If Bean were still alive — he died in 1967 at the age of 94 — he’d be proud of the company, Witherell said. He might also be puzzled by its growth, particularly in the 1980s and 1990s under the guidance of his grandson, Leon Gorman.
“L.L. Bean famously told people, ‘I get three meals a day and I couldn’t eat a fourth,’” Witherell said. “So basically, why bother to expand. Why fix something that ain’t broke.”
And without the shoe, it’s unlikely Bean would have become such an icon, Witherell said.
“He would have probably gone on working in little men’s stores with his brothers and passed on relatively unnoticed, except for that great idea that he had,” Witherell said.

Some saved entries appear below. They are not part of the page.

-- ===== src/Net/Events/Sealed/Apart.antt =====
-- The handlers of a connection write to its own files.
use mathlib.Core.Path.{subst}
use hyperion_server.Common.{
  ℕ, ◌≡◌, ◌≢◌, refl, sym, ◌∙◌, false, Option, none, some, List, inl, inr, arith,
}
use hyperion_server.Common.Text.{Text, is_empty, same_text, same_text_iff}
use hyperion_server.Common.Exec.Kept.{
  Kept, Kept-pure, Kept-assert, Kept-if, Kept-bind, Kept-gets, Kept-lift, Kept-try, Kept-guarded,
}
use hyperion_server.Media.Prop.{get_type}
use hyperion_server.Media.Save.{Answers, contents}
use hyperion_server.Net.Props.{ErrorCode}
use hyperion_server.Net.Connection.{
  Connection, Local, Handler, make_out_file_path, file_ext, write_completed, read_completed,
  receive_completed, wait_completed,
}
use hyperion_server.Net.Connection.Paths.{make_out_file_path-ne}
use hyperion_server.Net.Acceptor.{
  Acceptor, handle_accept, announce, callback_sent_greeting, callback_received_greeting,
  callback_send_greeting_timeout, callback_receive_greeting_timeout,
}
use hyperion_server.Net.Listener.{receive_callback}
use hyperion_server.Net.Events.{
  Event, written, read, received, send_waited, receive_waited, handle, taken, unless_error,
  on_connection_accepted,
}
use hyperion_server.Net.Events.OutFile.{make_out_file_path-some}
use hyperion_server.Net.Events.Handlers.{deliver}
use hyperion_server.Net.Events.Sealed.{
  Kept-async_write, Mine, Scope, Sealed, Kept-on_conn, Kept-set_status, Kept-end_connection,
  Kept-dec_ref_count, Kept-get_streambuf, Kept-consume, Kept-set_timer_expires_after,
  Kept-async_read, Kept-async_wait, Kept-save_received, Kept-do_async_receive,
  Kept-on_connection_accepted,
}

module _ (o : Scope) (acceptor : Acceptor) (answers : Answers)
    (same : acceptor.media_config.media_save_path ≡ o.directory) where
  sent-Kept : Kept (Sealed o) (callback_sent_greeting acceptor answers)
  unfolding callback_sent_greeting
  sent-Kept =
      Kept-try
        (Kept-bind (Kept-async_read o answers _) (λ u.
          Kept-bind (Kept-set_timer_expires_after o answers _)
            (λ u. Kept-bind (Kept-async_wait o _) (λ u. Kept-set_status o _))))
        (λ e. Kept-end_connection o answers)

  announce-Kept :
      Kept (Sealed o) (announce answers (on_connection_accepted acceptor.media_config answers))
  unfolding announce
  announce-Kept =
      Kept-try
        (Kept-bind (Kept-get_streambuf o) (λ u.
          Kept-gets _ (λ size.
            Kept-bind (Kept-assert _) (λ u. Kept-on_connection_accepted o _ answers same))))
        (λ e. Kept-end_connection o answers)

  greeting-Kept :
      (bytes : List ℕ)
      → Kept (Sealed o) (
          callback_received_greeting acceptor answers
            (on_connection_accepted acceptor.media_config answers)
            bytes)
  unfolding callback_received_greeting
  greeting-Kept bytes =
      Kept-try
        (Kept-guarded (Kept-consume o _) (
          Kept-bind (Kept-get_streambuf o) (λ u. Kept-lift _ (λ q e.
            Kept-bind (Kept-on_conn o _ (λ l s. s))
              (λ u. Kept-bind (Kept-set_status o _) (λ u. announce-Kept))))))
        (λ e. Kept-end_connection o answers)

  receive-Kept :
      (error : Option ErrorCode) (bytes : List ℕ)
      → Kept (Sealed o) (receive_callback answers error bytes)
  unfolding receive_callback
  receive-Kept (some error) bytes = Kept-guarded (Kept-consume o _) (Kept-end_connection o answers)
  receive-Kept none bytes = Kept-guarded (Kept-consume o _) (
      Kept-bind (Kept-get_streambuf o) (λ u.
        Kept-bind (Kept-try (Kept-save_received o answers bytes) (λ e. Kept-pure _))
          (λ u. Kept-do_async_receive o answers)))

  unless-Kept :
      (error : Option ErrorCode) {m : Handler}
      → Kept (Sealed o) m
      → Kept (Sealed o) (unless_error error m)
  unless-Kept none h = h
  unless-Kept (some error) h = Kept-pure _

  handle-Kept : (e : Event) → Kept (Sealed o) (handle acceptor answers e)
  unfolding handle write_completed read_completed receive_completed wait_completed
      callback_send_greeting_timeout callback_receive_greeting_timeout
  handle-Kept (written (some error)) = Kept-pure _
  handle-Kept (written none) = Kept-bind sent-Kept (λ u. Kept-dec_ref_count o)
  handle-Kept (read error bytes) =
      Kept-bind (unless-Kept error (greeting-Kept bytes)) (λ u. Kept-dec_ref_count o)
  handle-Kept (received error bytes) =
      Kept-bind (Kept-on_conn o _ (λ l s. s))
        (λ u. Kept-bind (receive-Kept error bytes) (λ u. Kept-dec_ref_count o))
  handle-Kept (send_waited error) =
      Kept-bind
        (unless-Kept error
          (Kept-gets _ (λ status. Kept-if _ (Kept-pure _) (Kept-end_connection o answers))))
        (λ u. Kept-dec_ref_count o)
  handle-Kept (receive_waited error) =
      Kept-bind
        (unless-Kept error (
          Kept-gets _ (λ status.
            Kept-bind (Kept-assert _)
              (λ u. Kept-if _ (Kept-pure _) (Kept-end_connection o answers)))))
        (λ u. Kept-dec_ref_count o)

taken_kept :
    (o : Scope) (e : Event) (l : Local) → Sealed o l → Sealed o (record l { conn = taken e l.conn })
unfolding taken
taken_kept o (written error) l s = s
taken_kept o (read error bytes) l s = s
taken_kept o (received error bytes) l s = s
taken_kept o (send_waited error) l s = s
taken_kept o (receive_waited error) l s = s

-- The path of a connection is empty or made for it in the directory of the configuration.
abbrev pub HasOwnPath : Text → Connection → Type 0
HasOwnPath directory c = Mine c.id directory c.out_file_path

own-Kept :
    (directory : Text) (m : Handler) (l : Local)
    → ((o : Scope) → o.directory ≡ directory → Kept (Sealed o) m)
    → HasOwnPath directory l.conn
    → HasOwnPath directory (m l).1.conn
own-Kept directory m l k own =
    let scope : Scope = record { own = l.id; directory = directory; before = l.files } in
    let (id, mine, untouched) = (k scope refl).at l (refl, own, λ p o. refl) in
    subst (λ i. Mine i directory (m l).1.out_file_path) (sym id) mine

-- A new connection is greeted with no file.
pub handle_accept-HasOwnPath :
    (acceptor : Acceptor) (answers : Answers) (directory : Text) (l : Local)
    → HasOwnPath directory l.conn
    → HasOwnPath directory (handle_accept acceptor answers l).1.conn
unfolding handle_accept
handle_accept-HasOwnPath acceptor answers directory l own =
    own-Kept directory (handle_accept acceptor answers) l
      (λ o e.
        Kept-bind (Kept-async_write o _)
          (λ u. Kept-bind (Kept-set_timer_expires_after o answers _) (λ u. Kept-async_wait o _)))
      own

pub deliver-HasOwnPath :
    (acceptor : Acceptor) (answers : Answers) (e : Event) (l : Local)
    → HasOwnPath acceptor.media_config.media_save_path l.conn
    → HasOwnPath acceptor.media_config.media_save_path (deliver acceptor answers e l).1.conn
unfolding taken
deliver-HasOwnPath acceptor answers e l own =
    let directory = acceptor.media_config.media_save_path in
    let scope : Scope = record { own = l.id; directory = directory; before = l.files } in
    let (id, mine, untouched) =
      (handle-Kept scope acceptor answers refl e).at (record l { conn = taken e l.conn })
        (taken_kept scope e l (refl, own, λ p o. refl)) in
    subst (λ i. Mine i directory (deliver acceptor answers e l).1.out_file_path) (sym id) mine

path_filled :
    (d : Connection) (path : Text) → make_out_file_path d ≡ some path → is_empty path ≡ false
unfolding make_out_file_path
path_filled d path made =
    let named : file_ext (get_type d.media_prop) ≢ none =
      λ e. cc (rw (e, make_out_file_path) at made) in
    let (p, e, filled) = make_out_file_path-some d named in
    let same : p ≡ path = cc in subst (λ q. is_empty q ≡ false) same filled

other_path :
    (own : ℕ) (directory : Text) (d : Connection) (path : Text)
    → d.out_file_directory ≡ directory
    → d.id ≢ own
    → make_out_file_path d ≡ some path
    → (q : Text) → Mine own directory q
    → same_text q path ≡ false
other_path own directory d path same differ made q (inl empty) =
    ground (arith, same_text_iff q path, path_filled d path made)
other_path own directory d path same differ made q (inr (c, id, there, e)) =
    let apart : q ≢ path =
      make_out_file_path-ne c d q path (there ∙ sym same) (λ i. differ (sym (sym id ∙ i))) e made in
    ground (arith, same_text_iff q path)

-- Whatever completes on a connection, however its handler ends, and whatever the environment
-- answers: where its path is empty or was made for its identifier in the directory of the
-- configuration, so is its path afterwards, and the file of any other connection in that
-- directory, of another identifier, is as it was.
pub deliver-make_out_file_path :
    (acceptor : Acceptor) (answers : Answers) (e : Event) (l : Local) (d : Connection) (path : Text)
    → HasOwnPath acceptor.media_config.media_save_path l.conn
    → d.out_file_directory ≡ acceptor.media_config.media_save_path
    → d.id ≢ l.id
    → make_out_file_path d ≡ some path
    → HasOwnPath acceptor.media_config.media_save_path (deliver acceptor answers e l).1.conn
      × (contents (deliver acceptor answers e l).1.files path ≡ contents l.files path)
deliver-make_out_file_path acceptor answers e l d path own same differ made =
    let directory = acceptor.media_config.media_save_path in
    let scope : Scope = record { own = l.id; directory = directory; before = l.files } in
    let (_, _, untouched) =
      (handle-Kept scope acceptor answers refl e).at (record l { conn = taken e l.conn })
        (taken_kept scope e l (refl, own, λ p o. refl)) in
    (
      deliver-HasOwnPath acceptor answers e l own,
      untouched path (other_path l.id directory d path same differ made),
    )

But Porter figures Bean was too inquisitive to have gone unnoticed.
“I can’t help but think that if he hadn’t made the Bean boot — the Maine Hunting Shoe — at some point it would have been something,” she said. “He was always solving problems. He was always looking for better ways to do things.”
He consistently updated his products, tested them for the early catalogs that he wrote himself and continued to invent. Among his creations was a simplified method of scoring baseball games. The die-hard Red Sox fan was a season ticket holder at Fenway Park. He bought seats for himself, a companion and their coats, Porter said.
She talks about Bean in an almost present tense, as if they had lunch last Tuesday.
Maybe it comes from her work on the archive.
Or maybe it comes from the archive’s location in the back of that modest white house, the same house L.L. Bean and his family lived in.
“I get this sense of L.L. and the family he raised in it and [his wife] Bertha being there,” she said. “I have this great vision of the house someday looking like it did in 1912. I get all tingly and the hair on my neck stands up.”